Wenn auch oberflächlich betrachtet Emotionen, Verhalten, Bewegungsart sowie Sprech- und Sprachweise von Menschen mit AS ungewöhnlich erscheinen, so sind sie doch nur die logische Konsequenz aus deren Entwicklungskonditionen. Ein Kind, das seine Umwelt im wahrsten Sinne des Wortes nicht begreifen (erfassen) kann, das über den Vorgang des Anfassens und Fühlens keine verwertbare Information erhält, das Sinnesreize nicht sinnvoll weiterleitet, muß für seine Umwelt unsinnig reagieren. So gesehen sind die eigentümlichen Ordnungszeremonien und bizarren Muster im Spiel-, Sprach- und Explorationsverhalten lediglich kompensatorischer Natur. Ebenso dienen meines Erachtens die motorischen und Bewegunsstereotypien, die AS-Kinder aufweisen, der Reizselektion und der Entwicklung eines Körperschemas.

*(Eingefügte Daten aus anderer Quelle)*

-- ===== src/Flink/Tests/Windows.antt =====
-- The windows of the aggregation and of the alerts on concrete events.
use radiation_tracking.Prelude.{String, ◌≡◌, refl, List, [], ◌∷◌, All, Memᴰ, arith, false}
use radiation_tracking.Prelude.Int.{ℤ, pos}
use radiation_tracking.Python.{
  ok, traverse, num, str, Fields, field, end, get, index, item, to_float, tolerate, or_raise,
}
use radiation_tracking.Python.Text.{strip, search_fraction}
use radiation_tracking.Flink.Tests.Samples.{clock, read_integers, read_integers-Order}
use radiation_tracking.Flink.Timestamps.{
  parse_timestamp, to_epoch_millis, pad_fraction, captured_at_millis, or_epoch,
}
use radiation_tracking.Flink.GeoAggregation.{aggregate_bucket, cpm_values, float_at, hash_check}
use radiation_tracking.Flink.GeoAggregation.Counts.{Hashable}
use radiation_tracking.Flink.GeoAggregation.Blob.{aggregate_bucket_lem}
use radiation_tracking.Flink.AlertDetection.{breach_sort_key, breaches_of, detect_sustained_high}
use radiation_tracking.Flink.AlertDetection.Sustained.{
  Window, enough, Outcome, detect_sustained_high_lem,
}

abbrev reading : ℤ → String → String → Fields ℤ
reading cpm classification captured_at = field "cpm" (num cpm) (
    field "classification" (str classification) (
      field "captured_at" (str captured_at)
        (field "latitude" (num (pos 59)) (field "longitude" (num (pos 24)) end))))

abbrev readings : List (Fields ℤ)
readings =
    reading (pos 1200) "DANGER" "T05"
    ∷ reading (pos 40) "SAFE" "T05"
    ∷ reading (pos 1100) "DANGER" "T10"
    ∷ []

hashable : Hashable readings
unfolding hash_check get
hashable = (refl, (refl, (refl, tt)))

cpms : cpm_values readings ≡ ok (pos 1200 ∷ pos 40 ∷ pos 1100 ∷ [])
unfolding cpm_values traverse get index to_float
cpms = refl

coordinates :
    (traverse (float_at "latitude") readings ≡ ok (pos 59 ∷ pos 59 ∷ pos 59 ∷ []))
    × (traverse (float_at "longitude") readings ≡ ok (pos 24 ∷ pos 24 ∷ pos 24 ∷ []))
unfolding traverse index to_float
coordinates = (refl, refl)

aggregate_bucket_lem_example :
    (blob : Fields ℤ) × (top bottom : ℤ) × (aggregate_bucket readings "ud9wr" (pos 5) "T00" "T10"
      ≡ ok blob)
    × (get blob "count" ≡ num (pos 3))
    × (get blob "cpm_max" ≡ num top)
    × (get blob "cpm_min" ≡ num bottom)
    × Memᴰ top (pos 1200 ∷ pos 40 ∷ pos 1100 ∷ [])
    × Memᴰ bottom (pos 1200 ∷ pos 40 ∷ pos 1100 ∷ [])
    × All (λ v. read_integers.lt top v ≡ false) (pos 1200 ∷ pos 40 ∷ pos 1100 ∷ [])
    × All (λ v. read_integers.lt v bottom ≡ false) (pos 1200 ∷ pos 40 ∷ pos 1100 ∷ [])
aggregate_bucket_lem_example =
    aggregate_bucket_lem read_integers-Order readings "ud9wr" (pos 5) "T00" "T10" (pos 1200)
      (pos 40 ∷ pos 1100 ∷ []) (pos 59 ∷ pos 59 ∷ pos 59 ∷ []) (pos 24 ∷ pos 24 ∷ pos 24 ∷ []) cpms
      hashable coordinates.0 coordinates.1

breach_cpms : cpm_values (breaches_of readings) ≡ ok (pos 1200 ∷ pos 1100 ∷ [])
unfolding cpm_values traverse get index to_float
breach_cpms = refl

breach_times :
    traverse (breach_sort_key clock) (breaches_of readings) ≡ ok (pos 300000 ∷ pos 600000 ∷ [])
unfolding traverse get breach_sort_key tolerate captured_at_millis item index parse_timestamp
    to_epoch_millis pad_fraction search_fraction strip or_raise or_epoch
breach_times = refl

two_breaches : Window clock readings 2
unfolding get
two_breaches =
    enough (pos 1200) (pos 1100 ∷ []) (pos 300000 ∷ pos 600000 ∷ []) (omega arith) breach_cpms
      breach_times

detect_sustained_high_lem_example :
    Outcome clock readings 2 two_breaches (detect_sustained_high clock readings "s1" "T00" "T10" 2)
detect_sustained_high_lem_example =
    detect_sustained_high_lem clock read_integers-Order readings "s1" "T00" "T10" 2 (omega arith)
      two_breaches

Da die Zuordnung zu einer Kategorie zunächst aufgrund von äußerlich Sichtbarem vollzogen wird, im folgenden als Erkennungskriterien für AS die Diagnosekriterien nach GILLBERG (Nach: Christopher Gillberg and Mary Coleman, The Biology of the Autistic Syndromes, 2nd Edition, London1992; übersetzt von Bärbel Buschlinger-Wienicke):

»DIAGNOSEKRITERIEN:

1. SCHWERE BEEINTRäCHTIGUNG DER REZIPROKEN (GEGENSEITIGEN) SOZIALEN INTERAKTION
(mindestens zwei der folgenden)

a) Unfähigkeit mit Gleichaltrigen zu interagieren
b) Mangel an Interesse mit Gleichaltrigen zu interagieren
c) mangelndes Erkennen sozialer Signale
d) sozial und emotional unangepaßtes Verhalten

2. ALLES ABSORBIERENDES EINSEITIGES INTERESSE
(mindestens eins der folgenden)

a) Ausschluß anderer Aktivitäten
b) verweilen in Wiederholungen
c) mehr auswendig gelernt als sinnerfassend

3. AUFZWINGEN VON ROUTINEN UND INTERESSEN
(mindestens eins der folgenden)

a) sich selbst, im Hinblick auf das Leben
b) anderen gegenüber

4. SPRECH- UND SPRACHPROBLEME
(mindestens drei der folgenden)

a) verzögerte Entwicklung
b) oberflächlich perfekte, ausdrucksvolle Sprache
c) formale, pedantische Sprache
d) merkwürdig versmäßig, Stimmeigenheiten
e) Beeinträchtigung des Verständnisses incl. der Fehlinterpretation geäußerter oder angedeuteter Absichten

5. NONVERBALE KOMMUNIKATIONSPROBLEME
(mindestens eins der folgenden)

a) eingeschränkter Gebrauch von Gesten
b) tollpatschige, unbeholfene Körpersprache
c) limitierter Gesichtsausdruck
d) unangemessenes Ausdrucksverhalten
e) eigentümlich starrer Blick

6. MOTORISCHE UNGESCHICKLICHKEIT:

Geringe Ausprägung der Kontrolle über das Nervensystem

Zur Diagnose müssen alle 6 Kriterien herangezogen werden.«

Die Kriterien von DSM-IV enthalten zusätzlich motorische Stereotypien (wie z.B. Hand- oder Fingerwedeln oder Ganzkörperbewegungen) oder verweilende Beschäftigung mit Objektteilen. Meines Erachtens treffen diese Items nur für AS-Kinder zu, die von der Symptomatik her weit in das Autismusspektrum hineinreichen.